Не желая больше слышать ни слова, она оборвала разговор, и вдруг неожиданно ее осенило, что Руперт так настойчиво цепляется за дом, исполняя заветное желание Серены.

Полностью сраженная этой догадкой, она поспешно набрала номер Орландо.

— Ты тоже с ней встречался? — вскричала она в истерике. — Неужели ни один из вас не возмущен поведением отца? Мы женаты вот уже тридцать два года, и он бросает меня ради… ради какой-то… — она так громко зарыдала, что едва смогла заговорить снова: — ради помешанной на сексе шлюхи, и ни один из вас не встал на мою защиту!

— Едва ли леди Серену Кемпбелл-Тинн можно назвать шлюхой, мама, — со скрытой насмешкой возразил Орландо. — Конечно же, я, как и Шолто, глубоко потрясен тем, что произошло.

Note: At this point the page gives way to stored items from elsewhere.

-- ===== src/Server/Joining.antt =====
-- A loop that the resolver and the relay join.
use shadowc.Base.{
  ◌≡◌, refl, ℕ, Option, true, false, some, none, List, [], Bytes, beq_refl, ◌+◌, arith,
}
use shadowc.Base.Int.{ℤ, int_eq, int_key}
use shadowc.Memory.{ok}
use shadowc.Eventloop.{
  EventLoop, EpollEvent, add, epollin, epollerr, epollet, Wait, dispatch, dispatch_all,
}
use shadowc.Eventloop
use shadowc.Eventloop.Registry.{handler_of, handler_of-add}
use shadowc.Eventloop.Schedule.{delivered, breaks, ends, run-delivered}
use shadowc.Asyncdns.Response.{Malloc}
use shadowc.Asyncdns.Resolver.{Resolver}
use shadowc.Asyncdns.Resolver
use shadowc.Asyncdns.Resolver.History
use shadowc.Asyncdns.Resolver.Dispatch.{arrivals}
use shadowc.Tcprelay.{Relay, Answers, Attempt, Setup, started}
use shadowc.Tcprelay
use shadowc.Tcprelay.Accepting
use shadowc.Tcprelay.Listening.{create-started}
use shadowc.Server.{Handler, resolver, relay, Server, loop_of, on_event}
use shadowc.Server.Routing.{
  visits, Routes, apart-other, resolving-dispatch_all, relaying-dispatch_all,
}

-- Two registrations in a loop without handlers.
add-Routes :
    (socket listening : ℤ) (mode mode' : ℕ) (loop : EventLoop Handler)
    → ((fd : ℤ) → handler_of loop fd ≡ none)
    → int_eq socket listening ≡ false
    → Routes socket listening (add (add loop socket mode resolver) listening mode' relay)
add-Routes socket listening mode mode' loop free apart =
    let first : EventLoop Handler = add loop socket mode resolver in
    let back : int_eq listening socket ≡ false =
      apart-other socket listening socket apart (beq_refl socket) in
    record {
      to_resolver =
          rw
            (
              handler_of-add first listening socket mode' relay,
              back,
              handler_of-add loop socket socket mode resolver,
              beq_refl socket,
              free socket,
            )
            refl;
      to_relay =
          rw
            (
              handler_of-add first listening listening mode' relay,
              beq_refl listening,
              handler_of-add loop socket listening mode resolver,
              apart,
              free listening,
            )
            refl;
      apart = apart;
      no_other = λ fd not_dns not_knock.
          rw
            (
              handler_of-add first listening fd mode' relay,
              not_knock,
              handler_of-add loop socket fd mode resolver,
              not_dns,
            )
            (free fd);
    }

-- In a loop without handlers that a new resolver joins with its socket, and then a relay that has
-- started on another one: if the resolver, from any state on, does not fault on the events of its
-- socket, `run` on the results of its waits dispatches the events up to the first failure other
-- than EINTR so that the resolver has met just the events of its socket, and the relay just those
-- of the server socket, in order; neither gets the other's, and nobody gets the rest.
pub run-Routes {ℓ} :
    {C : Type 0} {H : Type ℓ} (fuel : ℕ) (malloc : Malloc) (inet_ntoa : Bytes → Bytes) (socket : ℤ)
    (loop : EventLoop Handler) (dns_resolver : ℕ) (attempts : List Attempt)
    (fcntl : ℤ → Option ℕ × Option ℕ) (listen : ℤ → ℤ) (l : Relay H) (done : List Setup)
    (waits : List Wait) (buffers : List Bytes) (answers : List Answers) (r r' : Resolver C)
    (effects : List (Resolver.Effect C))
    → ((fd : ℤ) → handler_of loop fd ≡ none)
    → Tcprelay.create dns_resolver (some attempts) fcntl listen ≡ started l done
    → int_eq socket l.server_socket ≡ false
    → History.run fuel malloc inet_ntoa (arrivals socket (delivered waits) buffers) r
      ≡ ok (r', effects)
    → let (_, loop', _) = Resolver.add_to_loop {C = C} socket resolver Resolver.create loop in
      let (l', loop'') = Tcprelay.add_to_loop relay l loop' in
      let on = on_event fuel malloc inet_ntoa in
      (s : Server C H) × (Eventloop.run loop_of on waits (record {
        loop = loop'';
        resolving = ok (r, []);
        buffers = buffers;
        relaying = (l', []);
        answers = answers;
      })
        ≡ ends loop_of on (breaks waits) s)
      × (s.resolving ≡ ok (r', effects))
      × (s.relaying ≡ Accepting.run (visits l.server_socket (delivered waits) answers) l')
unfolding Resolver.add_to_loop Tcprelay.add_to_loop
run-Routes {C} {H} fuel malloc inet_ntoa socket loop dns_resolver attempts fcntl listen l done waits
      buffers answers r r' effects free start apart goes =
    let (idle, open_relay, _, _, _) =
      create-started dns_resolver attempts fcntl listen l done start in
    let loop' : EventLoop Handler =
      (Resolver.add_to_loop {C = C} socket resolver Resolver.create loop).1 in
    let (l', loop'') = Tcprelay.add_to_loop relay l loop' in
    let joined : Tcprelay.add_to_loop relay l loop'
        ≡ (record l { has_loop = true }, add loop' l.server_socket (epollin + epollerr) relay) =
      ground (arith, idle, open_relay) in
    let s : Server C H = record {
      loop = loop'';
      resolving = ok (r, []);
      buffers = buffers;
      relaying = (l', []);
      answers = answers;
    } in
    let routes : Routes socket l.server_socket loop'' = rw joined (
      add-Routes socket l.server_socket (epollin + epollet) (epollin + epollerr) loop free apart) in
    (
      dispatch_all loop_of (on_event fuel malloc inet_ntoa) (delivered waits) s,
      run-delivered loop_of (on_event fuel malloc inet_ntoa) waits s,
      resolving-dispatch_all fuel malloc inet_ntoa socket l.server_socket (delivered waits) s routes
          refl goes,
      relaying-dispatch_all fuel malloc inet_ntoa socket l.server_socket (delivered waits) s routes,
    )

Но этого давно следовало ожидать. К тому же папа ведь не бросил тебя, когда мы были детьми…

Это прозвучало так, словно Руперта впору было наградить медалью за подобную самоотверженность.

В отчаянии от того, что не нашла поддержки, в которой так нуждалась, Артемис отключила телефон, а затем, громко рыдая, завела мотор и тронулась с места. Она не имела ни малейшего представления, куда ехать.

Лишь в предместьях Бата, заметив указатель на шоссе М5, Артемис неожиданно поняла, куда направляется. Она едет искать Примми. Примми, которую не должна была терять из виду. Свою единственную, самую дорогую подругу Примми.

У подножия холма Артемис обнаружила гавань и маленькую автостоянку. Рядом, зажатая между универсальным магазином и лавкой зеленщика, ютилась почта. Артемис облегченно вздохнула. В таком крошечном местечке, как Каллело, достаточно зайти в почтовое отделение, чтобы узнать, как добраться до Рутвена.

— Вы можете взять мой парковочный талон, — предложила ей незнакомая девушка, когда Артемис едва протиснулась по узкой улочке к стоянке. — Я как раз уезжаю, а у меня осталось еще полчаса.

Эта неожиданная доброта так потрясла Артемис, что у нее, измученной и вконец издерганной, снова навернулись слезы на глаза.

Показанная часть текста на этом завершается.